Maximum Likelihood

Maximum Likelihood

Maximum likelihood: pick the parameters that make the observed data most probable.

\hat\theta = \arg\max_\theta \prod_i p(x_i \mid \theta) = \arg\min_\theta -\sum_i \log p(x_i \mid \theta).

The negative log-likelihood form is what every classification and regression loss in the book actually optimizes:

  • Cross-entropy = NLL of a categorical p(y \mid x).
  • MSE = NLL of a Gaussian p(y \mid x) with fixed variance.
  • BPR / softmax-with-temperature etc. — all NLLs.

So “minimize the loss” is “do MLE” in fancy clothes.

A concrete example

For 9 heads and 4 tails, the likelihood curve peaks at \hat\theta = 9/13: the observed fraction of heads.

%matplotlib inline
from d2l import jax as d2l
from jax import numpy as jnp

theta = jnp.arange(0, 1, 0.001)
p = theta**9 * (1 - theta)**4.

d2l.plot(theta, p, 'theta', 'likelihood')

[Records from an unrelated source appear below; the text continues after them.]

-- ===== src/Control/Gathered.antt =====
-- What the run of a group gives for each of its members.
use sismatic.Common.{
  String, ◌≡◌, refl, ap, ◌∙◌, Bool, true, false, none, some, List, [], ◌∷◌, ◌++◌, map, ◌==◌, eq_iff,
  arith, contains, distinct, ok, err, inl, inr, Bool-cases,
}
use mathlib.Core.List.{append_assoc, append-nil}
use sismatic.Common.Dict.{first_value}
use sismatic.Protocol.Values.{Value}
use sismatic.Control.Device.{DeviceError}
use sismatic.Control.Group.{MemberDone, gather, run_group}

-- The values and the failures, each in the order of the members.
abbrev pub values_of : List MemberDone → List (String × Value)
values_of [] = []
values_of ((id, ok v) ∷ rest) = (id, v) ∷ values_of rest
values_of ((id, err e) ∷ rest) = values_of rest

abbrev pub failures_of : List MemberDone → List (String × DeviceError)
failures_of [] = []
failures_of ((id, ok v) ∷ rest) = failures_of rest
failures_of ((id, err e) ∷ rest) = (id, e) ∷ failures_of rest

gather_lem :
    (members : List MemberDone) (values : List (String × Value))
    (failures : List (String × DeviceError))
    → gather members (values, failures)
      ≡ (values ++ values_of members, failures ++ failures_of members)
unfolding gather
gather_lem [] values failures = ground (arith, append-nil values, append-nil failures)
gather_lem ((id, ok v) ∷ rest) values failures =
    gather_lem rest (values ++ (id, v) ∷ []) failures
    ∙ ap (λ vs. (vs, failures ++ failures_of rest))
        (append_assoc values ((id, v) ∷ []) (values_of rest))
gather_lem ((id, err e) ∷ rest) values failures =
    gather_lem rest values (failures ++ (id, e) ∷ [])
    ∙ ap (λ fs. (values ++ values_of rest, fs))
        (append_assoc failures ((id, e) ∷ []) (failures_of rest))

-- No member has failed.
abbrev pub all_answered : List MemberDone → Bool
all_answered [] = true
all_answered ((id, ok v) ∷ rest) = all_answered rest
all_answered ((id, err e) ∷ rest) = false

abbrev pub ids {ℓ} : {V : Type ℓ} → List (String × V) → List String
ids members = map (λ m. m.0) members

answered_failures :
    (members : List MemberDone) → all_answered members ≡ true → failures_of members ≡ []
answered_failures [] h = refl
answered_failures ((id, ok v) ∷ rest) h = answered_failures rest h
answered_failures ((id, err e) ∷ rest) h = absurd (cc)

-- A run of a group comes to the values where every member has answered, and else to the failures.
pub run_group_answered :
    (id : String) (members : List MemberDone)
    → all_answered members ≡ true
    → run_group id members ≡ ok (values_of members)
unfolding run_group
run_group_answered id members h =
    ground (arith, gather_lem members [] [], answered_failures members h)

some_failure :
    (members : List MemberDone)
    → all_answered members ≡ false
    → (f : String × DeviceError) × (fs : List (String × DeviceError)) × (failures_of members
        ≡ f ∷ fs)
some_failure [] h = absurd (cc)
some_failure ((id, ok v) ∷ rest) h = some_failure rest h
some_failure ((id, err e) ∷ rest) h = ((id, e), failures_of rest, refl)

pub run_group_failed :
    (id : String) (members : List MemberDone)
    → all_answered members ≡ false
    → run_group id members ≡ err (record { id = id; failures = failures_of members })
unfolding run_group
run_group_failed id members h =
    let (f, fs, e) = some_failure members h in rw (gather_lem members [] [], e, run_group) refl

pub failed_member :
    (k : String) (e : DeviceError) (members : List MemberDone)
    → first_value k members ≡ some (err e)
    → all_answered members ≡ false
failed_member k e [] h = absurd (cc)
failed_member k e ((id, err d) ∷ rest) h = refl
failed_member k e ((id, ok v) ∷ rest) h = elim (Bool-cases (id == k)) [
  | inl mine ↦ absurd (ground (arith, mine, h))
  | inr other ↦ failed_member k e rest (ground (arith, other, h))
]

values_absent :
    (k : String) (members : List MemberDone)
    → contains k (ids members) ≡ false
    → contains k (ids (values_of members)) ≡ false
unfolding contains
values_absent k [] h = refl
values_absent k ((id, ok v) ∷ rest) h = ground (arith, values_absent k rest)
values_absent k ((id, err e) ∷ rest) h = ground (arith, values_absent k rest)

failures_absent :
    (k : String) (members : List MemberDone)
    → contains k (ids members) ≡ false
    → contains k (ids (failures_of members)) ≡ false
unfolding contains
failures_absent k [] h = refl
failures_absent k ((id, ok v) ∷ rest) h = ground (arith, failures_absent k rest)
failures_absent k ((id, err e) ∷ rest) h = ground (arith, failures_absent k rest)

pub distinct-values_of :
    (members : List MemberDone)
    → distinct (ids members) ≡ true
    → distinct (ids (values_of members)) ≡ true
unfolding distinct
distinct-values_of [] h = refl
distinct-values_of ((id, ok v) ∷ rest) h =
    ground (arith, distinct-values_of rest, values_absent id rest)
distinct-values_of ((id, err e) ∷ rest) h = ground (arith, distinct-values_of rest)

pub distinct-failures_of :
    (members : List MemberDone)
    → distinct (ids members) ≡ true
    → distinct (ids (failures_of members)) ≡ true
unfolding distinct
distinct-failures_of [] h = refl
distinct-failures_of ((id, ok v) ∷ rest) h = ground (arith, distinct-failures_of rest)
distinct-failures_of ((id, err e) ∷ rest) h =
    ground (arith, distinct-failures_of rest, failures_absent id rest)

-- The value of the first entry of an absent key.
first_value_absent {ℓ} :
    {V : Type ℓ} (k : String) (m : List (String × V))
    → contains k (ids m) ≡ false
    → first_value k m ≡ none
unfolding contains
first_value_absent k [] h = refl
first_value_absent k ((j, v) ∷ m) h = ground (arith, first_value_absent k m, eq_iff j k, eq_iff k j)

pub first_value-values_of :
    (k : String) (v : Value) (members : List MemberDone)
    → first_value k members ≡ some (ok v)
    → first_value k (values_of members) ≡ some v
first_value-values_of k v [] h = absurd (cc)
first_value-values_of k v ((id, ok w) ∷ rest) h = elim (Bool-cases (id == k)) [
  | inl mine ↦ ground (arith, mine, h)
  | inr other ↦ ground (arith, other, first_value-values_of k v rest (ground (arith, other, h)))
]
first_value-values_of k v ((id, err e) ∷ rest) h = elim (Bool-cases (id == k)) [
  | inl mine ↦ absurd (ground (arith, mine, h))
  | inr other ↦ first_value-values_of k v rest (ground (arith, other, h))
]

pub first_value-failures_of :
    (k : String) (e : DeviceError) (members : List MemberDone)
    → first_value k members ≡ some (err e)
    → first_value k (failures_of members) ≡ some e
first_value-failures_of k e [] h = absurd (cc)
first_value-failures_of k e ((id, ok v) ∷ rest) h = elim (Bool-cases (id == k)) [
  | inl mine ↦ absurd (ground (arith, mine, h))
  | inr other ↦ first_value-failures_of k e rest (ground (arith, other, h))
]
first_value-failures_of k e ((id, err d) ∷ rest) h = elim (Bool-cases (id == k)) [
  | inl mine ↦ ground (arith, mine, h)
  | inr other ↦ ground (arith, other, first_value-failures_of k e rest (ground (arith, other, h)))
]

pub not_failed :
    (k : String) (v : Value) (members : List MemberDone)
    → distinct (ids members) ≡ true
    → first_value k members ≡ some (ok v)
    → first_value k (failures_of members) ≡ none
unfolding distinct
not_failed k v [] d h = absurd (cc)
not_failed k v ((id, ok w) ∷ rest) d h = elim (Bool-cases (id == k)) [
  | inl mine ↦
      first_value_absent k (failures_of rest)
        (failures_absent k rest (ground (arith, eq_iff id k, mine, d)))
  | inr other ↦ not_failed k v rest (ground (arith, d)) (ground (arith, other, h))
]
not_failed k v ((id, err e) ∷ rest) d h = elim (Bool-cases (id == k)) [
  | inl mine ↦ absurd (ground (arith, mine, h))
  | inr other ↦
      ground (arith, other, not_failed k v rest (ground (arith, d)) (ground (arith, other, h)))
]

Numerical optimization (NLL)

Sums of logs are easier than products: floating point behaves; gradients have closed forms; SGD works on the NLL.

import jax

# Set up our data
n_H = 8675309
n_T = 256245

# Initialize our parameters
theta = jnp.float32(0.5)

# Define loss function
def nll(theta):
    return -(n_H * jnp.log(theta) + n_T * jnp.log(1 - theta))

grad_fn = jax.grad(nll)

# Perform gradient descent
lr = 1e-9
for iter in range(100):
    theta = theta - lr * grad_fn(theta)

# Check output
theta, n_H / (n_H + n_T)
(Array(0.9713101, dtype=float32), 0.9713101437890875)

Recap

  • MLE: maximize \sum_i \log p(x_i \mid \theta); equivalently, minimize NLL.
  • Connects optimization (the chapter’s main topic) to probability (this chapter’s main topic).
  • Most “losses” in DL are NLLs of suitable conditional distributions.
  • MLE is consistent and asymptotically efficient for well-specified models.